Quite a mouthful! Let’s print to screen the order-0 Taylor coefficients of x and v for all batch elements:

    std::cout << "Order-0 x: " << xt::view(tc_arr, 0, 0, xt::all()) << '\n';
    std::cout << "Order-0 v: " << xt::view(tc_arr, 1, 0, xt::all()) << '\n';
Order-0 x: { 1.801537,  2.833631,  3.399033,  6.072237}
Order-0 v: { 1.36256 ,  0.503107, -0.06062 ,  0.81854 }

Indeed, as expected the order-0 Taylor coefficients correspond to the initial conditions at the beginning of the previous timestep (see earlier screen output).

After computing the Taylor coefficients, we can ask for the dense output at different time coordinates:

    // Compute the dense output at different time coordinates,
    // and create an xtensor adaptor on the dense output
    // for ease of indexing.
    auto d_out_arr = xt::adapt(ta.update_d_output({20.1, 21.1, 22.1, 23.1}), {2, batch_size});

    std::cout << "\nDense output:\n" << d_out_arr << "\n\n";
Dense output:
{{ 1.934202,  2.879367,  3.389288,  6.151962},
 { 1.289941,  0.411166, -0.134188,  0.776195}}

Added in version 0.16.0.

Support for continuous output is also available in batch mode.
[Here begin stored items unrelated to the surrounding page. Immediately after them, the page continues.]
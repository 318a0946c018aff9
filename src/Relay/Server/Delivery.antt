-- ===== src/Relay/Server/Delivery.antt =====
-- When an alert is sent to a chat, and what is remembered of it.
use nomctl.Prelude.{
  ◌+◌, ◌<◌, ◌≡◌, ◌≢◌, ◌⊎◌, refl, Bool, true, false, Option, none, some, List, [], ◌∷◌, Text,
  text_eq, ℤ, format_int, Result, ok, err, arith, ◌==◌, eqb_ne, ◌∙◌, inl, inr, if_cases,
  if◌then◌else◌,
}
use nomctl.Time.{Time}
use nomctl.AlertProto.{State, state_eq, state_eqb_iff, AlertRequest}
use nomctl.Relay.Limiter.{allow}
use nomctl.Relay.Store.{StoreError, Node, StoreOps}
use nomctl.Relay.Server.{
  Server, Sent, Env, SendError, blocked, failed, DeliverError, chat_blocked, reminder_every,
  format_message, is_due, send, suppress, after_send, notify_if, notify, record_sent, then_record,
  send_unmuted, deliver_after, deliver,
}

-- At most one message, to the node's chat and with that text.
abbrev pub OneMessage : Node → Text → List Sent → List Sent → Type 0
OneMessage node text before after =
    (after ≡ before)
    ⊎ ((e : Option SendError) × (after
          ≡ record { chat = node.chat_id; text = text; error = e } ∷ before))

not_due :
    (now : Time) (a : AlertRequest) (st : State) (at : Time)
    → ((a.state ≡ st) × (a.state ≡ State.ok))
      ⊎ ((a.state ≡ st) × (now < at + reminder_every))
      ⊎ ((a.state ≡ State.ok) × (st ≡ State.other []))
    → is_due now a st at ≡ false
not_due now a st at quiet = ground (
  arith,
  state_eqb_iff a.state st,
  state_eqb_iff a.state State.ok,
  state_eqb_iff st (State.other []),
)

module _ {S : Type 0} (ops : StoreOps S) (env : Env) where
  outbox-after_send :
      (node : Node) (e : Option SendError) (s : Server S)
      → (after_send ops env node e s).1.outbox ≡ s.outbox
  unfolding after_send
  outbox-after_send node none s = refl
  outbox-after_send node (some blocked) s = refl
  outbox-after_send node (some failed) s = refl

  outbox-send_text :
      (node : Node) (text : Text) (s : Server S)
      → let (e, s2) = send env node.chat_id text s in
        (after_send ops env node e s2).1.outbox
        ≡ record { chat = node.chat_id; text = text; error = e } ∷ s.outbox
  unfolding send
  outbox-send_text node text s = outbox-after_send node _ _

  outbox-suppress : (chat : ℤ) (s : Server S) → (suppress chat s).outbox ≡ s.outbox
  unfolding suppress
  outbox-suppress chat s = refl

  OneMessage-notify_if :
      (admitted : Bool) (node : Node) (text : Text) (s : Server S)
      → OneMessage node text s.outbox (notify_if ops env admitted node text s).1.outbox
  unfolding notify_if
  OneMessage-notify_if true node text s =
      inr ((send env node.chat_id text s).0, outbox-send_text node text s)
  OneMessage-notify_if false node text s = inl (outbox-suppress node.chat_id s)

  OneMessage-notify :
      (now : Time) (node : Node) (text : Text) (s : Server S)
      → OneMessage node text s.outbox (notify ops env now node text s).1.outbox
  unfolding notify
  OneMessage-notify now node text s =
      let (admitted, limit) = allow now (format_int node.chat_id) s.chat_limit in
      if_cases (λ (r : Option DeliverError × Server S). OneMessage node text s.outbox r.1.outbox)
        node.blocked (some chat_blocked, s) _ (λ _. inl refl)
        (λ _. OneMessage-notify_if admitted node text (record s { chat_limit = limit }))

  outbox-record_sent :
      (now : Time) (node : Node) (a : AlertRequest) (s : Server S)
      → (record_sent ops env now node a s).1.outbox ≡ s.outbox
  unfolding record_sent
  outbox-record_sent now node a s = refl

  outbox-then_record :
      (now : Time) (node : Node) (a : AlertRequest) (r : Option DeliverError × Server S)
      → (then_record ops env now node a r).1.outbox ≡ r.1.outbox
  unfolding then_record
  outbox-then_record now node a (none, s) = outbox-record_sent now node a s
  outbox-then_record now node a (some x, s) = refl

  OneMessage-send_unmuted :
      (now : Time) (node : Node) (a : AlertRequest) (m : Result StoreError Bool) (s : Server S)
      → OneMessage node
          (format_message env node a)
          s.outbox
          (send_unmuted ops env now node a m s).1.outbox
  unfolding send_unmuted
  OneMessage-send_unmuted now node a (err e) s = inl refl
  OneMessage-send_unmuted now node a (ok true) s = inl (outbox-record_sent now node a s)
  OneMessage-send_unmuted now node a (ok false) s =
      rw outbox-then_record (OneMessage-notify now node (format_message env node a) s)

  OneMessage-deliver_after :
      (now : Time) (node : Node) (a : AlertRequest) (last : Result StoreError (State × Time))
      (s : Server S)
      → OneMessage node
          (format_message env node a)
          s.outbox
          (deliver_after ops env now node a last s).1.outbox
  unfolding deliver_after
  OneMessage-deliver_after now node a (err e) s = inl refl
  OneMessage-deliver_after now node a (ok (st, at)) s =
      if_cases
        (λ (r : Option DeliverError × Server S).
          OneMessage node (format_message env node a) s.outbox r.1.outbox)
        (is_due now a st at) _ (none, s)
        (λ _. OneMessage-send_unmuted now node a (ops.muted node.id a.alert now s.store) s)
        (λ _. inl refl)

  -- A delivery hands Telegram at most one message: the alert's, to the chat of its node.
  pub OneMessage-deliver :
      (now : Time) (node : Node) (a : AlertRequest) (s : Server S)
      → OneMessage node (format_message env node a) s.outbox (deliver ops env now node a s).1.outbox
  unfolding deliver
  OneMessage-deliver now node a s =
      if_cases
        (λ (r : Option DeliverError × Server S).
          OneMessage node (format_message env node a) s.outbox r.1.outbox)
        (a.state == State.info) _ _ (λ _. OneMessage-notify now node (format_message env node a) s)
        (λ _. OneMessage-deliver_after now node a (ops.last_sent node.id a.alert s.store) s)

  -- For an alert that is no event, what is done depends on the record of what was sent last.
  pub deliver_known :
      (now : Time) (node : Node) (a : AlertRequest) (s : Server S) (st : State) (at : Time)
      → a.state ≢ State.info
      → ops.last_sent node.id a.alert s.store ≡ ok (st, at)
      → deliver ops env now node a s ≡ (
          if is_due now a st at
          then send_unmuted ops env now node a (ops.muted node.id a.alert now s.store) s
          else (none, s))
  unfolding deliver
  deliver_known now node a s st at event last =
      rw (eqb_ne a.state State.info event) (rw last (unfold deliver_after in refl))

  -- Nothing is sent, stored or counted where the alert is no event, the store answers what was sent
  -- last, and there is nothing new to say: it is still ok, it is as it was and the reminder is not
  -- due, or it is ok and never fired.
  pub deliver_quiet :
      (now : Time) (node : Node) (a : AlertRequest) (s : Server S) (st : State) (at : Time)
      → a.state ≢ State.info
      → ops.last_sent node.id a.alert s.store ≡ ok (st, at)
      → ((a.state ≡ st) × (a.state ≡ State.ok))
        ⊎ ((a.state ≡ st) × (now < at + reminder_every))
        ⊎ ((a.state ≡ State.ok) × (st ≡ State.other []))
      → deliver ops env now node a s ≡ (none, s)
  deliver_quiet now node a s st at event last quiet =
      deliver_known now node a s st at event last ∙ rw (not_due now a st at quiet)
Like in scalar mode, continuous output is requested via the c_output boolean keyword flag, which can be passed to the propagate_for/until() functions. The usage of the continuous output object returned by propagate_for/until() is analogous to the scalar case, the only difference being that the call operator expects a batch of time coordinates (represented as a std::vector) rather than a single scalar time coordinate.

Event detection#

Added in version 0.16.0.

Event detection in also available in batch mode. The API is similar to the scalar mode API, with the following differences:

  • the event classes in batch mode are called nt_event_batch and t_event_batch (for non-terminal and terminal events respectively), rather than nt_event and t_event;

  • with respect to scalar mode, the callback signatures in batch mode feature an extra trailing argument of type std::uint32_t that indicates in which element of the batch the event was detected.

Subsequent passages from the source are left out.